Em declarações à Lusa, o médico neurologista explicou que o projeto, desenvolvido no âmbito da iniciativa Gulbenkian Soluções Digitais Covid-19, vai, através de uma ferramenta digital, intitulada “Brain on Track”, monitorizar o desempenho cognitivo dos “sobreviventes da infeção” que estão a ser seguidos no Hospital Pedro Hispano e no Centro Hospitalar Entre Douro e Vouga, em Santa Maria da Feira.

O que procuramos perceber é se o facto de terem sofrido uma infeção pelo vírus pode vir a aumentar o risco de mais tarde terem um diagnóstico de demência, acidente vascular cerebral (AVC), Parkinson ou Alzheimer”, adiantou.
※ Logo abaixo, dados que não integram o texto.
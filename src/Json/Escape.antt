-- ===== src/Json/Escape.antt =====
-- src/console_files.c, escape, and src/main.c, json_escape_text.
use ps5torrent.Base.{
  ℕ, ◌+◌, ◌/◌, ◌%◌, Bool, ◌||◌, [], ◌∷◌, ◌++◌, Bytes, length, ltb, leb, ◌==◌, if◌then◌else◌,
}
use ps5torrent.Net.Url.{hex}

abbrev pub is_special : ℕ → Bool
is_special c = c == b'"' || c == 92

-- What a byte becomes.
unfoldable pub escaped : ℕ → Bytes
escaped c =
    if is_special c
    then 92 ∷ c ∷ []
    else if ltb c 32
    then 92 ∷ b'u' ∷ b'0' ∷ b'0' ∷ hex (c / 16) ∷ hex (c % 16) ∷ []
    else c ∷ []

-- escape of console_files.c, which has no bound on its output.
unfoldable pub escape : Bytes → Bytes
unfolding escaped
escape [] = []
escape (c ∷ r) = escaped c ++ escape r

-- The loop of json_escape_text, with the output so far.
unfoldable pub escape_from : ℕ → Bytes → Bytes → Bytes
unfolding escaped
escape_from output_size output [] = output
escape_from output_size output (c ∷ r) =
    let pos = length output in
    let next = escape_from output_size (output ++ escaped c) r in
    if leb output_size (pos + 1)
    then output
    else if is_special c
    then if leb output_size (pos + 2) then output else next
    else if ltb c 32
    then if leb output_size (pos + 6) then output else next
    else next

-- json_escape_text with an output that is not null and not empty.
unfoldable pub json_escape_text : ℕ → Bytes → Bytes
unfolding escape_from
json_escape_text output_size input = escape_from output_size [] input
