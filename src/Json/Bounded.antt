-- ===== src/Json/Bounded.antt =====
-- src/main.c, json_escape_text: what fits the buffer.
use ps5torrent.Base.{
  ℕ, ◌+◌, ◌<◌, ◌≤◌, ◌≡◌, refl, ap, sym, ◌∙◌, ◌⊎◌, inl, inr, true, false, [], ◌∷◌, ◌++◌, Bytes,
  length, length-append, append_assoc, append-nil, ltb, leb, arith, if_cases,
}
use ps5torrent.Json.Escape.{is_special, escaped, escape, escape_from, json_escape_text}

-- The output is the escaped form of a part of the input from its start, it fits, and it is the
-- whole of the input unless at most six bytes are left.
pub record Fits (size : ℕ) (start input out : Bytes) : Type 0 where
  pub front : Bytes
  pub back : Bytes
  pub parts : input ≡ front ++ back
  pub escapes : out ≡ start ++ escape front
  pub inside : length out < size
  pub reaches : (back ≡ []) ⊎ (size ≤ length out + 6)

stopped :
    (size : ℕ) (start input : Bytes)
    → length start < size
    → size ≤ length start + 6
    → Fits size start input start
unfolding escape
stopped size start input h full = record {
  front = [];
  back = input;
  parts = refl;
  escapes = sym (append-nil start);
  inside = h;
  reaches = inr full;
}

one_byte :
    (size c : ℕ) (start r out : Bytes)
    → Fits size (start ++ escaped c) r out
    → Fits size start (c ∷ r) out
unfolding escape
one_byte size c start r out f = record {
  front = c ∷ f.front;
  back = f.back;
  parts = ap (λ t. c ∷ t) f.parts;
  escapes = f.escapes ∙ append_assoc start (escaped c) (escape f.front);
  inside = f.inside;
  reaches = f.reaches;
}

length-escaped_special : (c : ℕ) → is_special c ≡ true → length (escaped c) ≡ 2
unfolding escaped
length-escaped_special c h = rw h refl

length-escaped_control : (c : ℕ) → is_special c ≡ false → ltb c 32 ≡ true → length (escaped c) ≡ 6
unfolding escaped
length-escaped_control c h k = rw (h, k) refl

length-escaped_plain : (c : ℕ) → is_special c ≡ false → ltb c 32 ≡ false → length (escaped c) ≡ 1
unfolding escaped
length-escaped_plain c h k = rw (h, k) refl

escape_from-Fits :
    (size : ℕ) (start input : Bytes)
    → length start < size
    → Fits size start input (escape_from size start input)
unfolding escape_from escape
escape_from-Fits size start [] h = record {
  front = [];
  back = [];
  parts = refl;
  escapes = sym (append-nil start);
  inside = h;
  reaches = inl refl;
}
escape_from-Fits size start (c ∷ r) h =
    let Good = Fits size start (c ∷ r) in
    let l = length-append start (escaped c) in
    let go_on : length start + length (escaped c) < size
        → Good (escape_from size (start ++ escaped c) r) =
      λ room.
        one_byte size c start r _
          (escape_from-Fits size (start ++ escaped c) r (omega (arith, l, room))) in
    if_cases Good (leb size (length start + 1)) (λ e. stopped size start (c ∷ r) h (ground arith))
      (λ a.
        if_cases Good (is_special c)
          (λ s.
            if_cases Good (leb size (length start + 2))
              (λ e. stopped size start (c ∷ r) h (ground arith))
              (λ b. go_on (ground (arith, length-escaped_special c s))))
          (λ s.
            if_cases Good (ltb c 32)
              (λ low.
                if_cases Good (leb size (length start + 6))
                  (λ e. stopped size start (c ∷ r) h (ground arith))
                  (λ b. go_on (ground (arith, length-escaped_control c s low))))
              (λ high. go_on (ground (arith, length-escaped_plain c s high)))))

-- json_escape_text stays inside its buffer, the closing zero included, and writes the escaped form of
-- a start of the input: of the whole input, unless at most six bytes of the buffer are left.
pub json_escape_text-Fits :
    (size : ℕ) (input : Bytes) → 0 < size → Fits size [] input (json_escape_text size input)
unfolding json_escape_text
json_escape_text-Fits size input h = escape_from-Fits size [] input h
Com base num questionário sobre os níveis de infeção e, posteriormente, num teste computacional que avalia as funções cognitivas mais importantes — memória, atenção, linguagem, raciocínio e cálculo – os investigadores vão, de três em três meses, conseguir identificar a evolução das “trajetórias cognitivas”.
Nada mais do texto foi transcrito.